House sales plummet

by SEAN POULTER, Daily Mail

The number of houses sold in May dropped by a quarter from last year, fuelling fears of a painful end to the property boom.

In the first five months of the year 585,000 homes changed hands - 10 per cent fewer than for the same period in 2002, according to figures from the Office of National Statistics.

Steven Bell, chief economist at Deutsche Asset Management, said the property market was slowing even faster than expected.

He said: "We had hoped that the much healthier housing market outside of London would hold up the national market, but it looks as though it is heading for a bump."

Mr Bell believes the fall can be attributed to the Bank of England's decision not to cut interest rates below the current 40-year low of 3.75 per cent.

He added: "The rate-setting committee who voted against a cut may regret their decision."

Last week, shares in Britain's biggest chain of estate agents, Countrywide Assured, plummeted after it admitted house sales in March to April were around 33 per cent down on a year ago.

Sales in more expensive areas of London, such as Kensington, Chelsea and Notting Hill, are down by as much as 65 per cent.

But the outgoing Governor of the Bank of England yesterday denied that Britain was heading for a house price collapse.

Sir Edward George said that the boom of recent years was 'not sustainable', but that the market was seeing a 'moderation' in house price increases rather than a collapse.

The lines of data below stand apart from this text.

-- ===== src/Inode/Blocks.antt =====
-- inode.c: the blocks of an inode. The first ids are in the inode, the others in blocks of ids that
-- single_ind, double_ind and triple_ind lead to.
pub mod Free
pub mod Find
use pcd_file_system.Prelude.{
  ℕ, zero, suc, ◌+◌, ◌-◌, ◌*◌, ◌/◌, ◌%◌, ◌^◌, Bool, true, false, Option, none, some, ltb, leb,
  if◌then◌else◌, ◌==◌,
}
use pcd_file_system.Prelude.Run.{
  undefined, Cmd, pure, failure, attempt, modify, get, and_then, caught, ok, fail, crash, ◌>>=◌,
  ◌>>◌,
}
use pcd_file_system.Block.{Block, word, set_word}
use pcd_file_system.Disk.Contract.{DiskOps}
use pcd_file_system.Sb.{Sb}
use pcd_file_system.Db.{uint_max}
use pcd_file_system.Inode.{
  Fs, Inode, add32, sub32, is_negative, load_super, load_target, store_target, read_block,
  write_block, free_block,
}

-- DIR_ID_NUM, DIR_ID_NUM + INDIR_ID_NUM, and so on
abbrev pub single_end : Sb → ℕ
single_end super = add32 super.dir_id_num super.indir_id_num

abbrev pub double_end : Sb → ℕ
double_end super = add32 (single_end super) super.d_indir_id_num

abbrev pub triple_end : Sb → ℕ
triple_end super = add32 (double_end super) super.t_indir_id_num

-- Where block `num` of an inode is found. In the third level `d_index` counts from its start and
-- is not reduced, as in the source.
pub data Place : Type 0 where
  direct : ℕ → Place
  single : ℕ → Place
  double : (d_index index : ℕ) → Place
  triple : (t_index d_index index : ℕ) → Place
  outside : Place

unfoldable pub place : Sb → ℕ → Place
place super num =
    let double_num = sub32 num (single_end super) in
    let triple_num = sub32 num (double_end super) in
    if ltb num super.dir_id_num
    then direct num
    else if ltb num (single_end super)
    then single (sub32 num super.dir_id_num)
    else if ltb num (double_end super)
    then double (double_num / super.indir_id_num) (double_num % super.indir_id_num)
    else if ltb num (triple_end super)
    then triple (triple_num / super.d_indir_id_num) (triple_num / super.indir_id_num)
        (triple_num % super.indir_id_num)
    else outside

module _ (ops : DiskOps) (junk : Block) where
  open ops use {State}

  -- entry `i` of an array of INDIR_ID_NUM ids
  unfoldable pub id_at : Sb → Block → ℕ → Cmd (Fs State) ℕ
  id_at super b i = if ltb i super.indir_id_num then pure (word b i) else undefined

  -- The id at a place. The branch of the third level takes it from dind_block.
  unfoldable pub find_at : Sb → Inode → Place → Cmd (Fs State) ℕ
  find_at super n (direct num) = pure (n.direct_blo num)
  find_at super n (single index) = do
    ind_block ← read_block ops junk junk n.single_ind
    id_at super ind_block index
  find_at super n (double d_index index) = do
    dind_block ← read_block ops junk junk n.double_ind
    ind_bid ← id_at super dind_block d_index
    ind_block ← read_block ops junk dind_block ind_bid
    id_at super ind_block index
  find_at super n (triple t_index d_index index) = do
    tind_block ← read_block ops junk junk n.triple_ind
    dind_bid ← id_at super tind_block t_index
    dind_block ← read_block ops junk tind_block dind_bid
    ind_bid ← id_at super dind_block d_index
    read_block ops junk dind_block ind_bid
    id_at super dind_block index
  find_at super n outside = failure

  -- The id of block `num`. A result that equals UINT_MAX is -1 for the callers.
  unfoldable pub find_block_by_num : ℕ → ℕ → Cmd (Fs State) ℕ
  find_block_by_num inum num = if is_negative num then failure else (do
    super ← load_super ops junk
    attempt (load_target ops junk inum)
    s ← get
    bid ← find_at super s.target_node (place super num)
    if bid == uint_max then failure else pure bid)

  unfoldable pub write_block_by_num : ℕ → ℕ → Block → Cmd (Fs State) ℕ
  write_block_by_num inum num block =
      if is_negative num
      then failure
      else (do bid ← find_block_by_num inum num; write_block ops junk block bid; pure bid)

  -- db_free(bid); target_node.single_ind = 0; write_inode_to_disk(...), and the like
  unfoldable pub drop_root : ℕ → ℕ → Inode → Cmd (Fs State) (Unit {0})
  drop_root inum bid n = do free_block ops junk bid; attempt (store_target ops junk inum n); pure tt

  -- db_free(bid); block[index] = 0; db_write(block, owner)
  unfoldable pub drop_entry : Block → ℕ → ℕ → ℕ → Cmd (Fs State) (Unit {0})
  drop_entry block index bid owner = do
    free_block ops junk bid
    write_block ops junk (set_word block index 0) owner

  -- Entry 0 of a block of ids is the last one to go, and the block goes with it.
  unfoldable pub free_at : Sb → ℕ → Inode → Place → Cmd (Fs State) (Unit {0})
  free_at super inum n (direct num) = do
    attempt (
        store_target ops junk inum
          (record n { direct_blo = λ i. if i == num then 0 else n.direct_blo i }))
    pure tt
  free_at super inum n (single index) = do
    ind_block ← read_block ops junk junk n.single_ind
    write_block ops junk (set_word ind_block index 0) n.single_ind
    if index == 0 then drop_root inum n.single_ind (record n { single_ind = 0 }) else pure tt
  free_at super inum n (double d_index index) = do
    dind_block ← read_block ops junk junk n.double_ind
    ind_bid ← id_at super dind_block d_index
    ind_block ← read_block ops junk dind_block ind_bid
    write_block ops junk (set_word ind_block index 0) ind_bid
    if index == 0 then drop_entry dind_block d_index ind_bid n.double_ind else pure tt
    if d_index == 0 then drop_root inum n.double_ind (record n { double_ind = 0 }) else pure tt
  free_at super inum n (triple t_index d_index index) = do
    tind_block ← read_block ops junk junk n.triple_ind
    dind_bid ← id_at super tind_block t_index
    dind_block ← read_block ops junk tind_block dind_bid
    ind_bid ← id_at super dind_block d_index
    ind_block ← read_block ops junk dind_block ind_bid
    write_block ops junk (set_word ind_block index 0) ind_bid
    if index == 0 then drop_entry dind_block d_index ind_bid dind_bid else pure tt
    if d_index == 0 then drop_entry tind_block t_index dind_bid n.triple_ind else pure tt
    if t_index == 0 then drop_root inum n.triple_ind (record n { triple_ind = 0 }) else pure tt
  free_at super inum n outside = failure

  unfoldable pub free_block_by_num : ℕ → ℕ → Cmd (Fs State) (Unit {0})
  free_block_by_num inum num = if is_negative num then failure else (do
    super ← load_super ops junk
    attempt (load_target ops junk inum)
    s ← get
    free_at super inum s.target_node (place super num))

He added: "There has been a lot of rather strong language about house prices being set to crash.

"In fact what is happening now, I think, is that although you are seeing house prices actually fall in some areas - like the very high end of the London market - the picture for the country as a whole is moderation in the rate of increase, and that is what we need to see, because it was quite clear that the rate of increase was not sustainable forever."

He said the economic outlook was improving in Britain and around the world, and the country should be able to look forward to "better balanced growth, relatively steady growth".